Archbishop Nichols concluded:

‘We, as Catholics, are always ready to profess our love for the Lord. But now Pope Francis is calling us to show that love in down-to-earth ways. How wonderful it would be if our Church was known to be a place that was free of the sound of complaining and the whisper of gossip! Then the light of Christ would indeed shine brightly.’

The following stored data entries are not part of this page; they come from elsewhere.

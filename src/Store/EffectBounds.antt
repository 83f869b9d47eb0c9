-- ===== src/Store/EffectBounds.antt =====
-- internal/store/effect.go: how each call changes the number of open rows.
use mar.Prelude.{
  Option, ℕ, ◌+◌, ◌≤◌, ◌≡◌, refl, subst, Bool, true, false, ◌&&◌, not, List, [], ◌∷◌, none, some,
  ◌==◌, arith, inl, inr, Bool-cases, Option-cases, any,
}
use mar.Sql.{find_where, count_where, update_where}
use mar.Domain.Effect.{EffectRecord, ObservationOutcome, is_prepared, is_not_applied, is_outcome}
use mar.Store.{Db, Result, ok, err, validate_attempt_authority_tx}
use mar.Store.Effects.{
  by_operation, effect_row, get_effect, prepare_effect, prepare_encoded, no_row_yet, move_effect,
  is_dispatchable, dispatch, mark_effect_dispatched, is_observable, observe, observe_effect,
  is_rearmable, rearm, rearm_not_applied, intent_authority,
}
use mar.Store.Tame.{On, On-if}
use mar.Store.Dispatches.{is_open, open_rows, any-update_where, closed_rows, opened_rows, kept_rows}

abbrev pub once : Bool → ℕ
once true = 1
once false = 0

move_effect-moves :
    (operation : ℕ) (hit : EffectRecord → Bool) (change : EffectRecord → EffectRecord) (db : Db)
    → On
        (λ _ db'.
          (db'.effects ≡ update_where hit change db.effects) × (count_where hit db.effects ≡ 1))
        (move_effect operation hit change db)
unfolding get_effect
move_effect-moves operation hit change db = elim (Bool-cases (count_where hit db.effects == 1)) [
  | inr n ↦ rw n tt
  | inl y ↦
      elim (Option-cases
        (effect_row operation (record db { effects = update_where hit change db.effects }))) [
          | inl e ↦ rw (y, e, On) tt
          | inr (r, e) ↦ rw (y, e, On) (refl, ground arith)
        ]
]

move_effect-bound :
    (operation o n m : ℕ) (hit : EffectRecord → Bool) (change : EffectRecord → EffectRecord)
    (db : Db)
    → ((r : EffectRecord) → (change r).intent ≡ r.intent)
    → (count_where hit db.effects ≡ 1
        → n + count_where (is_open operation) (update_where hit change db.effects)
          ≤ count_where (is_open operation) db.effects + m)
    → On
        (λ _ db'. n + open_rows operation db'.effects ≤ open_rows operation db.effects + m)
        (move_effect o hit change db)
move_effect-bound operation o n m hit change db same bound =
    go _ (move_effect-moves o hit change db)
  where
    go :
        (r : Result (EffectRecord × Db))
        → On
            (λ _ db'.
              (db'.effects ≡ update_where hit change db.effects) × (count_where hit db.effects ≡ 1))
            r
        → On (λ _ db'. n + open_rows operation db'.effects ≤ open_rows operation db.effects + m) r
    go (err e) h = tt
    go (ok (r, db')) h =
        let still = any-update_where operation hit change db.effects same in
        let fits = bound (h.1) in rw (h.0) (ground arith)

pub mark_effect_dispatched-bound :
    (operation o t a e now : ℕ) (db : Db)
    → On
        (λ _ db'.
          once (o == operation) + open_rows operation db'.effects
          ≤ open_rows operation db.effects + 0)
        (mark_effect_dispatched o t a e now db)
unfolding mark_effect_dispatched
mark_effect_dispatched-bound operation o t a e now db =
    elim (Option-cases (validate_attempt_authority_tx t a e db)) [
      | inr (x, v) ↦ rw (v, On) tt
      | inl v ↦
          rw (v, On)
            (move_effect-bound operation o (once (o == operation)) 0 (is_dispatchable o t a e)
              (dispatch now) db (λ r. refl)
              λ one. elim (Bool-cases (o == operation)) [
                | inl y ↦
                    let closes =
                      closed_rows operation (is_dispatchable o t a e) (dispatch now) db.effects
                        (λ r h. ground arith) (λ r. ground arith) in
                    rw y (omega (arith, closes, one))
                | inr n ↦
                    let keeps =
                      kept_rows operation (is_dispatchable o t a e) (dispatch now) db.effects
                        (λ r p q. ground arith) in
                    rw n (omega (arith, keeps))
              ])
    ]

pub observe_effect-bound :
    (operation o : ℕ) (outcome : ObservationOutcome) (result now : ℕ) (json_valid : ℕ → Bool)
    (db : Db)
    → On
        (λ _ db'.
          0 + open_rows operation db'.effects
          ≤ open_rows operation db.effects + once (o == operation && is_not_applied outcome))
        (observe_effect json_valid o outcome result now db)
unfolding observe_effect
observe_effect-bound operation o outcome result now json_valid db =
    let P = λ (_ : EffectRecord) (db' : Db).
      0 + open_rows operation db'.effects
      ≤ open_rows operation db.effects + once (o == operation && is_not_applied outcome) in
    On-if P (not (is_outcome outcome)) _ _ (λ _. tt)
      λ _.
        On-if P (not (result == 0) && not (json_valid result)) _ _ (λ _. tt)
          λ _.
            move_effect-bound operation o 0 (once (o == operation && is_not_applied outcome))
              (is_observable o) (observe outcome result now) db (λ r. refl)
              λ one. elim (Bool-cases (o == operation && is_not_applied outcome)) [
                | inl y ↦ rw y (
                    omega (
                      arith,
                      one,
                      opened_rows operation (is_observable o) (observe outcome result now)
                          db.effects,
                    ))
                | inr n ↦ rw n (
                    omega (
                      arith,
                      kept_rows operation (is_observable o) (observe outcome result now) db.effects
                          (λ r p q. ground arith),
                    ))
              ]

pub rearm_not_applied-bound :
    (operation o now : ℕ) (db : Db)
    → On
        (λ _ db'. 0 + open_rows operation db'.effects ≤ open_rows operation db.effects + 0)
        (rearm_not_applied o now db)
unfolding rearm_not_applied
rearm_not_applied-bound operation o now db =
    move_effect-bound operation o 0 0 (is_rearmable o) (rearm now) db (λ r. refl)
      λ one.
        omega (
          arith,
          kept_rows operation (is_rearmable o) (rearm now) db.effects (λ r p q. ground arith),
        )

missing_row :
    (operation : ℕ) (xs : List EffectRecord)
    → find_where (by_operation operation) xs ≡ none
    → any (by_operation operation) xs ≡ false
unfolding find_where
missing_row operation [] e = refl
missing_row operation (x ∷ xs) e = ground (arith, missing_row operation xs)

added_row :
    (operation payload : ℕ) (r : EffectRecord) (xs : List EffectRecord)
    → find_where (by_operation r.intent.operation_id) xs ≡ none
    → 0 + open_rows operation (no_row_yet r payload ∷ xs) ≤ open_rows operation xs + 0
unfolding count_where
added_row operation payload r xs e = elim (Bool-cases (r.intent.operation_id == operation)) [
  | inl y ↦
      let missing = missing_row r.intent.operation_id xs e in
      let same : r.intent.operation_id ≡ operation = ground arith in
      let none_of : any (by_operation operation) xs ≡ false =
        subst (λ o. any (by_operation o) xs ≡ false) same missing in
      ground arith
  | inr n ↦ ground arith
]

prepare_encoded-bound :
    (operation payload : ℕ) (r : EffectRecord) (db : Db)
    → On
        (λ _ db'. 0 + open_rows operation db'.effects ≤ open_rows operation db.effects + 0)
        (prepare_encoded payload r db)
unfolding prepare_encoded
prepare_encoded-bound operation payload r db =
    elim (Option-cases (effect_row r.intent.operation_id db)) [
      | inr (x, e) ↦
          rw (e, On, prepare_encoded)
            (let P = λ (_ : EffectRecord × Bool) (db' : Db).
                0 + open_rows operation db'.effects ≤ open_rows operation db.effects + 0 in
              On-if P (not (x.intent_hash == r.intent_hash)) _ _ (λ _. tt)
                λ _. On-if P (is_prepared x.state) _ _ (λ _. checked x) λ _. omega arith)
      | inl e ↦ elim (Option-cases (intent_authority r db)) [
        | inr (x, v) ↦ rw (e, v, On, prepare_encoded) tt
        | inl v ↦ rw (e, v, On, prepare_encoded) (added_row operation payload r db.effects e)
      ]
    ]
  where
    checked :
        (x : EffectRecord)
        → On
            (λ (_ : EffectRecord × Bool) db'.
              0 + open_rows operation db'.effects ≤ open_rows operation db.effects + 0)
            (elim (intent_authority r db) [ some e ↦ err e | none ↦ ok ((x, false), db) ])
    checked x = elim (Option-cases (intent_authority r db)) [
      | inl v ↦ rw (v, On) (omega arith)
      | inr (y, v) ↦ rw (v, On) tt
    ]

pub prepare_effect-bound :
    (operation : ℕ) (encode : ℕ → Option ℕ) (r : EffectRecord) (db : Db)
    → On
        (λ _ db'. 0 + open_rows operation db'.effects ≤ open_rows operation db.effects + 0)
        (prepare_effect encode r db)
unfolding prepare_effect
prepare_effect-bound operation encode r db = elim (Option-cases (encode r.intent.payload)) [
  | inl e ↦ rw (e, On) tt
  | inr (payload, e) ↦ rw (e, On) (prepare_encoded-bound operation payload r db)
]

Here is Pope Francis’ actual reflection on complaining:

“They were afraid. All of the disciples were afraid,” he said. As they walked toward Emmaus and discussed everything that had happened, they were sad and complaining. “And the more they complained, the more they were closed in on themselves: They did not have a horizon before them, only a wall,” the Pope explained, according to Vatican Radio.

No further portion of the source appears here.